Greedy decoding chooses the most likely token at each step. Other methods include temperature sampling, top-k sampling, nucleus sampling, beam search, and contrastive decoding.

### KV Caching

Naive generation recomputes attention over the full context at every step. If the current sequence length is $T$, each new token repeats work for all previous tokens.

KV caching stores past keys and values for each layer. At generation step $t$, the model computes the new query, key, and value only for the latest token. It reuses previous keys and values.

Without caching, decoding is simple but inefficient. With caching, decoding is much faster for long outputs.

Conceptually, for each layer, the cache stores:

```python
past_keys:   [B, H, T_past, d_head]
past_values: [B, H, T_past, d_head]
```

At the next step, new keys and values are appended:

```python
keys = torch.cat([past_keys, new_keys], dim=2)
values = torch.cat([past_values, new_values], dim=2)
```

KV caching changes inference code more than training code. During training, the full sequence is processed in parallel. During generation, tokens are processed incrementally.

### Decoder-Only Versus Encoder-Decoder Models

Decoder-only models are trained to continue text. They are natural for open-ended generation, chat, code completion, and instruction following.

Encoder-decoder models separate input understanding from output generation. They are natural for translation, summarization, speech-to-text, and tasks where the source and target have different structures.

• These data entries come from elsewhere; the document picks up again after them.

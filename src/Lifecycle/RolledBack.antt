-- ===== src/Lifecycle/RolledBack.antt =====
-- A rollback restores what was active: rollback_registry of src/codekg/graph_lifecycle.py.
use my_kg_codebase.Prelude.{
  ℕ, ◌≡◌, refl, sym, ◌∙◌, subst, Bool, true, ◌⊎◌, inl, inr, Option, none, some, [], arith, All,
}
use my_kg_codebase.Prelude.Text.{Text}
use my_kg_codebase.Prelude.Dict.{Dict, lookup, insert, remove}
use my_kg_codebase.Lifecycle.Files.{
  FilePath, full_path, previous_path, Payload, Disk, not_siblings, Result, ok, err, Action,
  and_then, ◌>>=◌, pure, read_bytes, temporary_path, atomic_write,
}
use my_kg_codebase.Lifecycle.Activate.{
  Activation, Rollback, previous_or, guard, same_parent, reject_symlink_path, validated,
  activate_registry, rollback_registry,
}
use my_kg_codebase.Lifecycle.Atomic.{Always, Ensures, Ensures-and_then, atomic_write-Ensures}
use my_kg_codebase.Lifecycle.Distinct.{path-temporary_path}
use my_kg_codebase.Lifecycle.Writes.{lookup-insert_other, lookup-insert_self, lookup-remove_other}
use my_kg_codebase.Lifecycle.Safe.{Checks-then, guard-Checks, read_bytes-Ensures}
use my_kg_codebase.Lifecycle.Explained.{
  IsExplained, Explained, Explained-and_then, read_bytes-Explained, atomic_write-Explained,
}
use my_kg_codebase.Lifecycle.Activated.{
  IsValid, IsActivation, reject_symlink_path-Checks, validated-Checks,
  activate_registry-IsActivation,
}

and_then_assoc :
    {A B C : Type 0} (r : Result A × Disk) (f : A → Action B) (g : B → Action C)
    → and_then (and_then r f) g ≡ and_then r (λ a d. and_then (f a d) g)
and_then_assoc (ok a, d) f g = refl
and_then_assoc (err failure, d) f g = refl

module _ (fails : ℕ → Bool) (random : ℕ → Text) (is_symlink : Text → Option Bool)
    {Registry : Type 0} (load : Payload → Option Registry) (graphs : Registry → ℕ)
    (validates : Registry → Bool) (active previous : FilePath) (d : Disk) where
  -- The active registry is the one before or the restored one.
  abbrev pub IsEither : Payload → Dict Payload → Type 0
  IsEither payload files =
      (lookup (full_path active) files ≡ lookup (full_path active) d.files)
      ⊎ (lookup (full_path active) files ≡ some payload)

  abbrev pub IsRollback : Result Rollback × Disk → Type 0
  IsRollback (ok rollback, e) =
      (payload : Payload) × (registry : Registry) × IsValid fails random is_symlink load graphs
        validates previous d payload registry
      × (rollback.restored_graphs ≡ graphs registry)
      × (lookup (full_path active) e.files ≡ some payload)
      × All (IsEither payload) e.history
  IsRollback (err failure, e) =
      (e ≡ d)
      ⊎ ((payload : Payload) × (registry : Registry) × IsValid fails random is_symlink load graphs
            validates previous d payload registry
          × IsEither payload e.files
          × All (IsEither payload) e.history
          × IsExplained fails d.operations failure e)

  IsEither-same :
      (payload : Payload) (files later : Dict Payload)
      → lookup (full_path active) later ≡ lookup (full_path active) files
      → IsEither payload files
      → IsEither payload later
  IsEither-same payload files later e (inl h) = inl (e ∙ h)
  IsEither-same payload files later e (inr h) = inr (e ∙ h)

  abbrev restore : Action (Unit {0})
  restore = read_bytes fails random previous >>= λ payload. atomic_write fails random active payload

  write_active-Ensures :
      (payload : Payload) (e : Disk)
      → Always (IsEither payload) (IsEither payload) e
      → Ensures
          (IsEither payload)
          (IsEither payload)
          (λ _ f. lookup (full_path active) f.files ≡ some payload)
          (atomic_write fails random active payload e)
  write_active-Ensures payload e h =
      atomic_write-Ensures fails random (IsEither payload) (IsEither payload) (λ files h. h) active
        payload e
        (λ files n written.
          let name = temporary_path fails random active n in
          IsEither-same payload files (insert name written files) (
            lookup-insert_other (full_path active) name written files
              (path-temporary_path fails random active n)))
        (λ files n.
          let name = temporary_path fails random active n in
          IsEither-same payload files (remove name files) (
            lookup-remove_other (full_path active) name files
              (path-temporary_path fails random active n)))
        (λ files h. inr (lookup-insert_self (full_path active) payload files))
        (path-temporary_path fails random active e.operations) h

  restore-Ensures :
      (payload : Payload)
      → lookup (full_path previous) d.files ≡ some payload
      → d.history ≡ []
      → Ensures
          (IsEither payload)
          (IsEither payload)
          (λ _ e. lookup (full_path active) e.files ≡ some payload)
          (restore d)
  restore-Ensures payload found start =
      let either = IsEither payload in
      Ensures-and_then either either (λ read _. read ≡ payload)
        (λ _ e. lookup (full_path active) e.files ≡ some payload)
        (read_bytes fails random previous d) (λ read. atomic_write fails random active read)
        (read_bytes-Ensures fails random either either previous d payload found
          (inl refl, subst (All either) (sym start) tt))
        (λ read e same he.
          subst
            (λ p.
              Ensures either either (λ _ f. lookup (full_path active) f.files ≡ some payload)
                (atomic_write fails random active p e))
            (sym same) (write_active-Ensures payload e he))

  restore-Explained :
      (payload : Payload)
      → lookup (full_path previous) d.files ≡ some payload
      → Explained fails d.operations (restore d)
  restore-Explained payload found =
      Explained-and_then fails random d.operations (read_bytes fails random previous d)
        (λ read. atomic_write fails random active read)
        (read_bytes-Explained fails random previous payload d.operations d found (omega arith))
        (λ read e he. atomic_write-Explained fails random active read d.operations e he)

  after_restore :
      (payload : Payload) (registry : Registry) (r : Result (Unit {0}) × Disk) (rollback : Rollback)
      → IsValid fails random is_symlink load graphs validates previous d payload registry
      → rollback.restored_graphs ≡ graphs registry
      → Ensures
          (IsEither payload)
          (IsEither payload)
          (λ _ e. lookup (full_path active) e.files ≡ some payload)
          r
      → Explained fails d.operations r
      → IsRollback (and_then r (λ _. pure rollback))
  after_restore payload registry (ok u, e) rollback valid counted (there, (now, past)) _ =
      (payload, registry, valid, counted, there, past)
  after_restore payload registry (err failure, e) rollback valid counted (now, past) why =
      inr (payload, registry, valid, now, past, why)

-- For every disk, whichever of its operations fail, every pair of paths, loader and validator: if
-- `rollback_registry` returns, the previous registry passed the validator, and its bytes are now
-- active. If it raises, either nothing at all has changed, or the previous registry was valid, the
-- error is one of the operating system, and one of the operations on files that the call made, the
-- read included, failed. In every state on the way the active registry is the one before or the
-- restored one.
pub rollback_registry-IsRollback :
    (fails : ℕ → Bool) (random : ℕ → Text) (is_symlink : Text → Option Bool) {Registry : Type 0}
    (load : Payload → Option Registry) (graphs : Registry → ℕ) (validates : Registry → Bool)
    (active : FilePath) (given : Option FilePath) (d : Disk)
    → d.history ≡ []
    → IsRollback fails random is_symlink load graphs validates active
        (previous_or active given)
        d
        (rollback_registry fails random is_symlink load graphs validates active given d)
unfolding rollback_registry
rollback_registry-IsRollback fails random is_symlink {Registry} load graphs validates active given d
      start =
    let previous = previous_or active given in
    let links = reject_symlink_path fails random is_symlink load graphs validates in
    let linked = reject_symlink_path-Checks fails random is_symlink load graphs validates in
    let goal = IsRollback fails random is_symlink load graphs validates active previous d in
    let valid = λ (registry : Registry).
      (payload : Payload) × IsValid fails random is_symlink load graphs validates previous d payload
        registry in
    Checks-then goal (λ _. Unit {0}) d (links active d) _ (λ _. inl refl) (linked active d)
      (λ _ _.
        Checks-then goal (λ _. Unit {0}) d (links previous d) _ (λ _. inl refl) (linked previous d)
          (λ _ _.
            Checks-then goal (λ _. same_parent active previous ≡ true) d
              (guard (same_parent active previous) not_siblings d) _ (λ _. inl refl)
              (guard-Checks (same_parent active previous) not_siblings d)
              (λ _ _.
                Checks-then goal valid d
                  (validated fails random is_symlink load graphs validates previous d) _
                  (λ _. inl refl)
                  (validated-Checks fails random is_symlink load graphs validates previous d)
                  (λ registry found.
                    let done : Rollback = record {
                      active_registry = full_path active;
                      restored_graphs = graphs registry;
                    } in
                    subst goal
                      (and_then_assoc (read_bytes fails random previous d)
                        (λ payload. atomic_write fails random active payload) (λ _. pure done))
                      (after_restore fails random is_symlink load graphs validates active previous d
                        found.0 registry
                        (restore fails random is_symlink load graphs validates active previous d d)
                        done found.1 refl
                        (restore-Ensures fails random is_symlink load graphs validates active
                          previous d found.0 found.1.0 start)
                        (restore-Explained fails random is_symlink load graphs validates active
                          previous d found.0 found.1.0))))))

-- An activation that returns, followed by a rollback that returns, restores the bytes of the
-- registry that was active before, if there was one.
pub rollback-activate :
    (fails : ℕ → Bool) (random : ℕ → Text) (is_symlink : Text → Option Bool) {Registry : Type 0}
    (load : Payload → Option Registry) (graphs : Registry → ℕ) (validates : Registry → Bool)
    (candidate active : FilePath) (d e f : Disk) (old : Payload) (a : Activation) (r : Rollback)
    → d.history ≡ []
    → lookup (full_path active) d.files ≡ some old
    → activate_registry fails random is_symlink load graphs validates candidate active d ≡ (ok a, e)
    → rollback_registry fails random is_symlink load graphs validates active none
        (record e { history = [] })
      ≡ (ok r, f)
    → lookup (full_path active) f.files ≡ some old
rollback-activate fails random is_symlink load graphs validates candidate active d e f old a r start
      had activated rolled =
    let fresh : Disk = record e { history = [] } in
    let first =
      subst (IsActivation fails random is_symlink load graphs validates candidate active d)
        activated
        (activate_registry-IsActivation fails random is_symlink load graphs validates candidate
          active d start) in
    let second =
      subst
        (IsRollback fails random is_symlink load graphs validates active (previous_path active)
          fresh)
        rolled
        (rollback_registry-IsRollback fails random is_symlink load graphs validates active none
          fresh refl) in
    elim first.4.1 [
      | inl none_before ↦
          let clash : some old ≡ none = sym had ∙ none_before in absurd (ground (arith, clash))
      | inr kept ↦ second.4 ∙ sym second.2.0 ∙ kept ∙ had
    ]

| Property | Decoder-only | Encoder-decoder |
|---|---|---|
| Input processing | Causal self-attention over one sequence | Encoder reads source, decoder generates target |
| Cross-attention | Usually absent | Present |
| Common tasks | Language modeling, chat, code | Translation, summarization, speech |
| Generation | Autoregressive | Autoregressive |
| Prompt format | Source and target in one sequence | Source and target separated |

Many modern systems use decoder-only models because one next-token objective can cover many tasks. Encoder-decoder models remain strong when the task has a clear input-output structure.

### Summary

A transformer decoder uses causal self-attention to produce representations that cannot depend on future tokens. This makes it suitable for autoregressive generation.

A decoder-only language model combines token embeddings, position embeddings, stacked decoder layers, and a vocabulary projection. It is trained by next-token prediction using shifted input and target sequences.

During inference, the model generates tokens one at a time. KV caching avoids recomputing past keys and values, making long generation practical.